- Date: March 25 – April 1
- Edition: 1st
- Category: Grand Prix
- Draw: 32S / 16D
- Prize money: $250,000
- Surface: Hard / outdoor
- Location: Fort Myers, FL, United States

Champions

Singles
- Ivan Lendl

Doubles
- Ken Flach / Robert Seguso
- Paine Webber Classic · 1986 →

= 1985 Paine Webber Classic =

The 1985 Paine Webber Classic was a men's tennis tournament played on outdoor hard courts in Fort Myers, Florida in the United States that was part of the 1985 Nabisco Grand Prix.
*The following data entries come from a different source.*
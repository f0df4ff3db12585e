-- ===== src/Clock/Stm32f1.antt =====
-- platform/nucleo-board-stm32f103rb/platform.c: rcc_clock_setup_in_hsi_out_36mhz.
use cvra_bootloader.Prelude.{List, [], ◌∷◌}
use cvra_bootloader.Clock.{
  hsi, pll, Action, osc_on, wait_for_osc_ready, set_sysclk_source, set_main_pll, set_hpre,
  set_ppre1, set_ppre2, flash_set_ws, rcc_apb1_frequency, rcc_apb2_frequency,
}

-- The calls that set the factor and the source of the PLL, which is half of the HSI, are one action. That for
-- the clock of the ADC is left out. RCC_CFGR_PPRE1_HCLK_DIV2 is 4.
unfoldable pub rcc_clock_setup_in_hsi_out_36mhz : List Action
rcc_clock_setup_in_hsi_out_36mhz =
    osc_on hsi
    ∷ wait_for_osc_ready hsi
    ∷ set_sysclk_source hsi
    ∷ set_hpre 0
    ∷ set_ppre1 4
    ∷ set_ppre2 0
    ∷ flash_set_ws 1
    ∷ set_main_pll hsi 2 9 1
    ∷ osc_on pll
    ∷ wait_for_osc_ready pll
    ∷ set_sysclk_source pll
    ∷ rcc_apb1_frequency 18000000
    ∷ rcc_apb2_frequency 36000000
    ∷ []
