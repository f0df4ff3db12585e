-- ===== src/Boards/Rates.antt =====
-- The bit rates of the boards, from the clocks that they set up.
use cvra_bootloader.Prelude.{ℕ, ◌≡◌, refl}
use cvra_bootloader.Clock.{Chip, run, at_reset, apb1_hz}
use cvra_bootloader.Boards.CanIoBoard
use cvra_bootloader.Boards.MotorBoardV1
use cvra_bootloader.Boards.RcBoardV1
use cvra_bootloader.Clock.Stm32f1.{rcc_clock_setup_in_hsi_out_36mhz}
use cvra_bootloader.Boards.{
  Board, can_io_board, motor_board_v1, rc_board_v1, uwb_beacon, olimex_e407,
  nucleo_board_stm32f103rb, nucleo_board_stm32f334r8,
}
use cvra_bootloader.Boards.Calls.{bit_rate}
use cvra_bootloader.Boards.Table.{timing}

-- The clock of the APB1 behind the first call of platform_main. The last argument is that of libopencm3's
-- set-ups, which some boards use.
unfoldable pub apb1_of : Board → Chip → ℕ → ℕ
unfolding CanIoBoard.clock_setup MotorBoardV1.clock_setup RcBoardV1.clock_setup
    rcc_clock_setup_in_hsi_out_36mhz
apb1_of can_io_board chip other = apb1_hz chip (run CanIoBoard.clock_setup at_reset)
apb1_of motor_board_v1 chip other = apb1_hz chip (run MotorBoardV1.clock_setup at_reset)
apb1_of rc_board_v1 chip other = apb1_hz chip (run RcBoardV1.clock_setup at_reset)
apb1_of nucleo_board_stm32f103rb chip other =
    apb1_hz chip (run rcc_clock_setup_in_hsi_out_36mhz at_reset)
apb1_of uwb_beacon chip other = other
apb1_of olimex_e407 chip other = other
apb1_of (nucleo_board_stm32f334r8 m port pin) chip other = other

-- The oscillators of the boards, and the clock of the APB1 that their comments have for libopencm3's set-ups.
abbrev pub HasClock : Board → Chip → ℕ → Type 0
HasClock nucleo_board_stm32f103rb chip other = chip.hsi_hz ≡ 8000000
HasClock uwb_beacon chip other = other ≡ 42000000
HasClock olimex_e407 chip other = other ≡ 42000000
HasClock (nucleo_board_stm32f334r8 m port pin) chip other = other ≡ 18000000
HasClock board chip other = chip.hse_hz ≡ 16000000

abbrev pub expected_rate : Board → ℕ
expected_rate nucleo_board_stm32f103rb = 500000
expected_rate board = 1000000

-- With the oscillators that the boards have, and the clocks that libopencm3's set-ups are commented with: the
-- bit rate of the CAN is 500 kbit/s on the nucleo-board-stm32f103rb and 1 Mbit/s on the six other boards.
pub boards-bit_rate :
    (b : Board) (chip : Chip) (other : ℕ)
    → HasClock b chip other
    → bit_rate (apb1_of b chip other) (timing b) ≡ expected_rate b
unfolding apb1_of
boards-bit_rate can_io_board chip other h = rw h refl
boards-bit_rate motor_board_v1 chip other h = rw h refl
boards-bit_rate rc_board_v1 chip other h = rw h refl
boards-bit_rate nucleo_board_stm32f103rb chip other h = rw h refl
boards-bit_rate uwb_beacon chip other h = rw h refl
boards-bit_rate olimex_e407 chip other h = rw h refl
boards-bit_rate (nucleo_board_stm32f334r8 m port pin) chip other h = rw h refl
It was the inaugural edition of the tournament and was held from March 25 through April 1, 1985. Second-seeded Ivan Lendl won the singles title.

==Prize money==

| Event | W | F | SF | QF | Round of 16 | Round of 32 |
| Singles | $50,000 | $25,000 | $13,250 | $7,125 | $3,875 | $2,125 |
| Doubles | $15,000 | $7,500 | $4,150 | $2,600 | $1,725 | —N/a |
Doubles prize money per team

==Finals==

===Singles===

CSK Ivan Lendl defeated USA Jimmy Connors 6–3, 6–2
- It was Lendl's 1st singles title of the year and the 43rd of his career.

===Doubles===

USA Ken Flach / USA Robert Seguso defeated USA Sammy Giammalva Jr. / USA David Pate 3–6, 6–3, 6–3
- It was Flach's 2nd title of the year and the 8th of his career. It was Seguso's 2nd title of the year and the 8th of his career.